C'est ce que j'ai cru comprendre.
Ben de öyle duydum.
C'est un gars génial. - C'est ce qu'on m'a dit.
Evet, ben de öyle duydum. Ama hayatımın gidişatına bakılırsa, bu en kötü şey değil.
Il paraît, mais vu ma vie, c'est pas une mauvaise chose.
Öyle olduğunu duydum. Aslında ben de bunun için gelmiştim.
À vrai dire, je suis là pour ça.
Ben de öyle duydum.
Il paraît.
Evet, ben de öyle duydum.
Oui.
- Ben kasabadan duydum. - Ya, öyle mi?
- On parle de vous, en ville.
Shogunluğun, şimdiki darphane üçüncü yöneticisi Efendi Goto Sanyemon senin Goto ailesine damat olan oğlun yada ben öyle duydum ve bu yüzden başka bir avans, diyelim ki, 100-ryo sizin için sorun olmaz değil mi, efendim?
L'officier actuellement en fonction s'appelle Goto Saémon. Ce n'est autre que votre fils cadet qui a été adopté par la famille Goto. Après tout ce que je viens de dire, je pense que vous ne refuserez pas de me verser encore 100 petits ryos.
- Ben de öyle duydum.
Mme Ochmonek.
Ben de başta öyle sandım ama sonra başka çaylaklardan da aynı yakınmaları duydum.
- C'est ce que je m'étais dit. Mais d'autres subissent le même sort.
- Ben de öyle duydum.
A quelle heure la voiture part-elle pour l'aéroport demain?

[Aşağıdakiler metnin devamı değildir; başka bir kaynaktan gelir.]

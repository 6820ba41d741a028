-- ===== src/Lib.antt =====
-- The agent of a Hyper-V control plane: what it keeps, what it decides and what it reports.
--
-- An agent runs on a Hyper-V host. It pulls desired state from a centre, reconciles the host and its
-- VMs against it, runs jobs, and reports status. It goes on while the centre is away, so that what
-- it must not forget stands in a bbolt file. These modules model the parts that decide:
--
-- * Store (agent/store/store.go). Bytes has the keys (itob); Bolt is bbolt as the store uses it, an
--   interface with bbolt's documented behaviour, which Bolt/Listed meets by sorted lists. Journal has
--   the status journal: AppendStatus, Undelivered, MarkDelivered, Recent, PruneJournal and pruneChunk;
--   its children read the bucket as an append-only log. Results has the job results that the centre
--   has not taken, Desired the set of VMs (SaveDesiredVMs, LoadDesiredVMs, DropDesiredVM). Order is on
--   lists in the order of a number.
-- * Service (agent/service/runner.go). Delivery has reportStatus, and Results reportJob and
--   replayJobResults, over the store; Holds has jobHoldsVM, jobTimeoutFor, the bookkeeping of runJobs,
--   vmBusy, noteVMRemoved and clearVMRemoved, as steps on one state, which jobsMu serialises;
--   Generations has the generations that were honoured, their file and a restart, and vmSetChanged.
-- * Reconcile (agent/reconcile). Transient has transientSignature, the tracker and condition
--   (transient.go, reconcile.go); CoreGroup has the verdicts on a cluster's core group (cluster.go);
--   Passes has the results of migration passes (migration.go), and its Latest reads them as a map.
-- * Types (api/types). Networking has the specs, Mtu has ValidateMTU, and its Jumbo the choice of a
--   driver's value (mtu.go); StorageNet has ValidateStorageNetwork (storagenet.go); Runbook the runs of
--   recovery runbooks (runbook.go); Job the states and kinds of jobs (desiredstate.go).
-- * Hyperv.RawDisk (agent/hyperv/rawdisk.go) has WriteAt and AlignedRange, and Vmware.Copy
--   (agent/vmware/copy.go) has CopyDisk over them. Its children follow one byte of the destination:
--   Device through one range, Chunks through the chunks of an extent, Extents through a pass.
--   VmdkHeader and StreamVmdk (agent/vmware/streamvmdk.go) have the decoder of stream-optimised disks:
--   its children follow a grain to the sink (Place), a marker (Marker) and the loop (Grains).
-- * Wire (api/proto/convert.go) has clusters, hosts and VMs, their specs and statuses, as messages
--   (api/proto/ballast.proto), with the conversions of each and, in its RoundTrip, what they leave.
--   Library is what they use of timestamppb, time and encoding/json. Types has the schema: Meta,
--   Cluster, Host, Vm, Inventory, Networking, Storage and the modules of the statuses. Witness has
--   the one declaration that does not arrive.
-- * Prelude has the shared names: Boolean tests, lists over native numbers, strings as bytes, and
--   integers, with Go's int64 as what they wrap to.
--
-- The state of a component is a record or a function, and an operation takes it and returns the next.
-- Numbers that Go keeps in int or int64 are integers, and sequence numbers are natural numbers, which
-- wrap at 2^64. The loop of PruneJournal runs on fuel of one chunk more than the bucket has entries:
-- each chunk but the last examines an entry that no other does. The chunks of an extent run on fuel of
-- two more than the extent has whole chunks, and the markers of a stream on one more than it has
-- sectors, since a marker fills a sector. The modules named Examples run the
-- code, and apply the theorems, at small inputs.
--
-- Not modelled: failures of bbolt's own I/O, and of json.Marshal in the store; the wording of
-- messages, of which the constructors and the values stand; letters beyond ASCII in the folding of
-- case and the trimming of space; the writing and reading of PowerShell (agent/hyperv), the connection
-- to the centre and the Windows service, the client of vCenter (agent/vmware) and the order of the
-- steps of a reconcile pass. What the centre answers is a parameter, as are net.ParseCIDR, the write of
-- the operating system, the libraries of Wire, zlib, and vCenter's answers and range requests.
mod Prelude
pub mod Store
pub mod Types
pub mod Service
pub mod Reconcile
pub mod Hyperv
pub mod Vmware
pub mod Wire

- Ben de öyle şeyler duydum.
Il paraît, oui.
Jin-tae gerçekten de TV'ye çıkacak mı? Ben öyle bir şeyler duydum. Doğru mu?
Vous savez si Jin-Tae va vraiment passer à la télé?
- Ben de öyle duydum.
- Je suis au courant.
Ben de öyle duydum.
- Je sais.
Ben de öyle duydum.
- J'ai cru comprendre.
Yalnız kalmak için de güzel bir yer. Yani ben öyle duydum.
C'est aussi un bon coin pour s'envoyer en l'air.
Senin hakkında çok şey duydum. Ben de öyle.
- James, on m'a beaucoup parlé de toi.